The execution process of a typical detection network on the DNN accelerator and CPU.

### 4. Elastic PE Resource Management
Existing PE design is composed of Multiply-and-Accumulate (MAC)and Convolution Accumulator (CACC) with a single-channel design. Naturally, this structure is unable to support dual-model input-output or multi-model input-output. Also, existing PE structure does not support dynamical allocation for target and detection network.

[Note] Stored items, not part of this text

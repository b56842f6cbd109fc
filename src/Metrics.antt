-- ===== src/Metrics.antt =====
-- internal/metrics: the interface of a metrics backend and the client that tests and an unconfigured
-- operator use. The Prometheus client speaks HTTP and is a value of the interface.
use capacity_planning_operat.Prelude.{List, [], ◌++◌, Option, none, some, Bool, if◌then◌else◌}
use capacity_planning_operat.Prelude.Int.{ℤ}
use capacity_planning_operat.Prelude.Text.{Str, bytes}
use capacity_planning_operat.Prelude.Dict.{Dict, lookup}

-- The keys "namespace/name" of the program's maps.
abbrev pub key_of : Str → Str → Str
key_of namespace name = namespace ++ (bytes "/" ++ name)

pub record PvcKey : Type 0 where
  pub namespace : Str
  pub name : Str

pub record PvcUsage : Type 0 where
  pub used_bytes : ℤ
  pub capacity_bytes : ℤ

pub record RangePoint : Type 0 where
  pub timestamp : ℤ
  pub used_bytes : ℤ

-- `none` is an error. The answer of a backend is that of the moment at which the handler runs.
pub record PvcMetricsClient : Type 0 where
  pub get_usage : PvcKey → Option PvcUsage
  pub get_usage_range : PvcKey → ℤ → ℤ → ℤ → Option (List RangePoint)

pub record MockPvcMetricsClient : Type 0 where
  pub usages : Dict PvcUsage
  pub range_data : Dict (List RangePoint)
  pub failing : Bool

-- `MockPVCMetricsClient{}`.
abbrev pub empty_mock : MockPvcMetricsClient
empty_mock = record { usages = []; range_data = []; failing = Bool.false }

unfoldable pub mock_get_usage : MockPvcMetricsClient → PvcKey → Option PvcUsage
mock_get_usage m key = if m.failing then none else lookup (key_of key.namespace key.name) m.usages

-- A key without range data has none, which is no error.
unfoldable pub mock_get_usage_range :
    MockPvcMetricsClient → PvcKey → ℤ → ℤ → ℤ → Option (List RangePoint)
mock_get_usage_range m key start end step =
    let points : List RangePoint = elim (lookup (key_of key.namespace key.name) m.range_data) [
      | some ps ↦ ps
      | none ↦ []
    ] in
    if m.failing then none else some points

abbrev pub mock_client : MockPvcMetricsClient → PvcMetricsClient
mock_client m = record { get_usage = mock_get_usage m; get_usage_range = mock_get_usage_range m }
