-- ===== src/Watcher.antt =====
-- internal/controller/pvcwatcher_controller.go: the half of the operator that collects samples.
pub mod Reconcile
pub mod Invariant
pub mod Reach
pub mod Samples
pub mod Cleanup
-- The state and the methods on it are here; the handlers are in `Reconcile`.
use capacity_planning_operat.Prelude.{
  ℕ, ◌-◌, ◌*◌, ◌+◌, ◌≡◌, Bool, true, false, List, [], ◌∷◌, ◌++◌, Option, none, some, ltb, ◌==◌,
  if◌then◌else◌, length, drop, map,
}
use capacity_planning_operat.Prelude.Int.{ℤ, pos, ltb_ℤ, leb_ℤ, eqb_ℤ, pos_part}
use capacity_planning_operat.Prelude.Text.{Str, bytes, str_eq}
use capacity_planning_operat.Prelude.Dict.{Dict, lookup, insert, delete, map_values}
use capacity_planning_operat.Prelude.Float.{Float64}
use capacity_planning_operat.Analysis.RingBuffer.{
  Sample, RingBuffer, new_ring_buffer, push, push_all, snapshot, len, reset,
}
use capacity_planning_operat.Operator.{Series, Key, set_value, delete_values}
use capacity_planning_operat.Metrics.{
  key_of, PvcKey, PvcUsage, RangePoint, PvcMetricsClient, mock_client, empty_mock,
}

abbrev second : ℕ
second = 1_000_000_000

abbrev pub default_sample_interval : ℤ
default_sample_interval = pos (30 * second)

pub record PvcState : Type 0 where
  pub buffer : RingBuffer
  pub last_uid : Str
  pub last_capacity_bytes : ℤ

pub record Watcher : Type 0 where
  pub metrics_client : Option PvcMetricsClient
  pub pvc_states : Dict PvcState
  pub retention : ℤ
  pub sample_interval : ℤ

-- What the handlers read of a PersistentVolumeClaim; the request is `none` where the storage
-- resource is missing.
pub record Pvc : Type 0 where
  pub namespace : Str
  pub name : Str
  pub uid : Str
  pub requested : Option ℤ

unfoldable pub new_watcher : Option PvcMetricsClient → ℤ → Watcher
new_watcher mc capacity = record {
  metrics_client = mc;
  pvc_states = [];
  retention = if ltb_ℤ capacity (pos 1) then pos 720 else capacity;
  sample_interval = default_sample_interval;
}

abbrev pub samples_of : Option PvcState → List Sample
samples_of none = []
samples_of (some s) = snapshot s.buffer

unfoldable pub get_snapshot : Watcher → Str → List Sample
get_snapshot w key = samples_of (lookup key w.pvc_states)

-- `none` is the answer `(0, false)`.
unfoldable pub get_latest_capacity : Watcher → Str → Option ℤ
get_latest_capacity w key = elim (lookup key w.pvc_states) [
  | none ↦ none
  | some s ↦ if leb_ℤ s.last_capacity_bytes (pos 0) then none else some s.last_capacity_bytes
]

unfoldable pub all_keys : Watcher → List Str
all_keys w = map (λ e. e.0) w.pvc_states

-- The state of a key as it stands in the watcher. A handler that goes on to change the object calls
-- `put_state` with the changed one: the map holds the object itself.
pub put_state : Watcher → Str → PvcState → Watcher
put_state w key s = record w { pvc_states = insert key s w.pvc_states }

fresh_state : Watcher → Str → PvcState
fresh_state w uid = record {
  buffer = new_ring_buffer w.retention;
  last_uid = uid;
  last_capacity_bytes = pos 0;
}

-- A changed UID is a volume that was deleted and made again.
same_volume : PvcState → Str → PvcState
same_volume s uid =
    if str_eq s.last_uid uid then s else record s { buffer = reset s.buffer; last_uid = uid }

-- The state of a key, from what the map has for it.
state_for : Watcher → Str → Option PvcState → PvcState
state_for w uid none = fresh_state w uid
state_for w uid (some old) = same_volume old uid

-- `ensureState`: the state that it returns, and the watcher with that state in it.
unfoldable pub ensure_state : Watcher → Str → Str → PvcState × Watcher
unfolding put_state fresh_state same_volume state_for
ensure_state w key uid = let s = state_for w uid (lookup key w.pvc_states) in (s, put_state w key s)

-- The body of the loop in `Configure`.
unfoldable pub resize : ℤ → PvcState → PvcState
resize retention s =
    let kept = snapshot s.buffer in
    let n = pos_part retention in
    let kept' = if ltb n (length kept) then drop (length kept - n) kept else kept in
    record s { buffer = push_all (new_ring_buffer retention) kept' }

unfoldable pub configure : Watcher → Option PvcMetricsClient → ℤ → ℤ → Watcher
unfolding resize
configure w mc retention sample_interval =
    let retention' = if ltb_ℤ retention (pos 1) then pos 720 else retention in
    let interval =
      if leb_ℤ sample_interval (pos 0) then default_sample_interval else sample_interval in
    let client : Option PvcMetricsClient = elim mc [ some c ↦ some c | none ↦ w.metrics_client ] in
    let w' : Watcher = record w { metrics_client = client; sample_interval = interval } in
    if eqb_ℤ retention' w.retention then w' else record w' {
      retention = retention';
      pvc_states = map_values (resize retention') w.pvc_states;
    }

unfoldable pub get_sample_interval : Watcher → ℤ
get_sample_interval w =
    if leb_ℤ w.sample_interval (pos 0) then default_sample_interval else w.sample_interval

unfoldable pub get_metrics_client : Watcher → PvcMetricsClient
get_metrics_client w = elim w.metrics_client [ some c ↦ c | none ↦ mock_client empty_mock ]

-- `splitKey`: at the first '/'; a key without one is a name.
split_at_slash : Str → Option (Str × Str)
split_at_slash [] = none
split_at_slash (c ∷ s) =
    let rest : Option (Str × Str) = elim (split_at_slash s) [
      | some (ns, name) ↦ some (c ∷ ns, name)
      | none ↦ none
    ] in
    if c == b'/' then some ([], s) else rest

unfoldable pub split_key : Str → Str × Str
unfolding split_at_slash
split_key key = elim (split_at_slash key) [ some p ↦ p | none ↦ ([], key) ]

abbrev pub anomaly_acceleration_spike : Str
anomaly_acceleration_spike = bytes "acceleration_spike"

abbrev pub anomaly_trend_instability : Str
anomaly_trend_instability = bytes "trend_instability"

abbrev pub anomaly_sudden_growth : Str
anomaly_sudden_growth = bytes "sudden_growth"

abbrev pub supported_anomaly_types : List Str
supported_anomaly_types =
    anomaly_acceleration_spike ∷ anomaly_trend_instability ∷ anomaly_sudden_growth ∷ []

-- The series that `deleteState` deletes.
abbrev pub series_of : Str → Str → List Key
series_of ns name =
    (bytes "capacityplan_pvc_usage_bytes" ∷ ns ∷ name ∷ [])
    ∷ (bytes "capacityplan_pvc_capacity_bytes" ∷ ns ∷ name ∷ [])
    ∷ (bytes "capacityplan_pvc_usage_ratio" ∷ ns ∷ name ∷ [])
    ∷ (bytes "capacityplan_pvc_samples_count" ∷ ns ∷ name ∷ [])
    ∷ (bytes "capacityplan_pvc_growth_bytes_per_day" ∷ ns ∷ name ∷ [])
    ∷ (bytes "capacityplan_pvc_days_until_full" ∷ ns ∷ name ∷ [])
    ∷ (bytes "capacityplan_pvc_projected_full_timestamp_seconds" ∷ ns ∷ name ∷ [])
    ∷ (bytes "capacityplan_pvc_growth_acceleration" ∷ ns ∷ name ∷ [])
    ∷ map (λ t. bytes "capacityplan_pvc_anomaly" ∷ ns ∷ name ∷ t ∷ []) supported_anomaly_types

module _ {F : Type 0} where
  unfoldable pub delete_state : Watcher → Series F → Str → Watcher × Series F
  delete_state w m key = elim (lookup key w.pvc_states) [
    | none ↦ (w, m)
    | some s ↦
        let (ns, name) = split_key key in
        (record w { pvc_states = delete key w.pvc_states }, delete_values (series_of ns name) m)
  ]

#### New Components for PEs
- MAC Switch (MS) unit
An MS unit is added to the input port of PE to select the activation value or weight of the input of a certain network.
- Adder Switch (AS) unit
An AS unit is added to the output port of PE to select the computational output or partial sum of a certain network.
- Routing Logic unit
It guarantees the consistency of data input and output routes belonging to the same network.
### 5. Compiler Design
#### Goals
1. minimize off-chip accesses
2. maximize performance of target and detection network
#### Analytical model
A heuristic resource optimization search algorithm to optimize the scheduling and resource partitioning.
```c=
algorithm(dataflow_graph, data_dependency_of_models, dnnguand_hw_params)
{
int result_pe, result_buf;
int max_num_pe = dnnguand_hw_params.pe;
int estimated_pe, estimated_buf, estimated_cycles;
// the number of PEs and the on-chip buffer size for each layer
// the estimated execution cycles
estimated_pe, estimated_buf, estimated_cycles = initialization(dataflow_graph, data_dependency_of_models, dnnguand_hw_params);
num_pe = select_proper_pe(estimated_pe);
for num_pe < max_num_pe {
// search the proper on-chip buffer size and PEs
num_buff = search_proper_buff(estimated_buf);
// the execution cycle is evaluatedin the simulator based on the allocated resources
cycles = estimation(num_pe, num_buff);
if cycles < estimated_cycles {
estimated_cycles = cycles;
result_buf = num_buff;
result_pe = num_pe;
}
num_pe += 1
}
return result_pe, result_buf
}
```
## Evaluation

### Baselines

To make fair comparison, we re-implement NVDLA called Source-NVDLA (SNVDLA) which combines the large NVDLA and the small NVDLA together to run the target network and the adversarial network respectively. The elastic NVDLA (ENVDLA) has an equal amount of PE and on-chip buffer as the SNVDLA.
### Performance

The elastic NVDLA use synchronization and configuration instructions to dynamically adjust the resource allocation for better performance.
On average, the elastic NVDLA achieves around **1.42 speedup** over SNVDLA.
- dynamic resource allocation results in the performance improvement of about **18.4%**.
- data communication improves the performance of the elastic NVDLA by **32.1%**.
The elastic NVDLA integrates dedicated functional units and elastic resources management optimized for DNN techniques. The extension AI instruction also improves the utilization of on-chip buffer and PE resources, which is the major reason for the elastic NVDLA performance improvement.
#### The performance improvement of tightly coupled DNN accelerator architecture

#### Area

The scheduler, elastic on-chip buffer management mechanism and elastic PE resource management mechanism consume about 9.9% of the power.
### Sensitivity Analysis

#### a. The number of PE
While the number of PE increases from 64 to 2048, the computational performance does not increase linearly, so the elastic DNN accelerator does not need too many PEs.
PE utilization is close to 100% when the number of PEs is in the range of ++64~256++.
#### b. Buffer Capacity
The performance improvement is mainly limited by the DRAM bandwidth.
#### c. DRAM Bandwidth
AlexNet and VGG16 have higher sensitivity to DRAM memory due to heavy-weight full connection layers.
#### d. LLC ([Last Level Cache](https://en.wikichip.org/wiki/last_level_cache)) size of CPU
When LLC size is larger than 256KB, the performance of these defense methods does not increase correspondingly.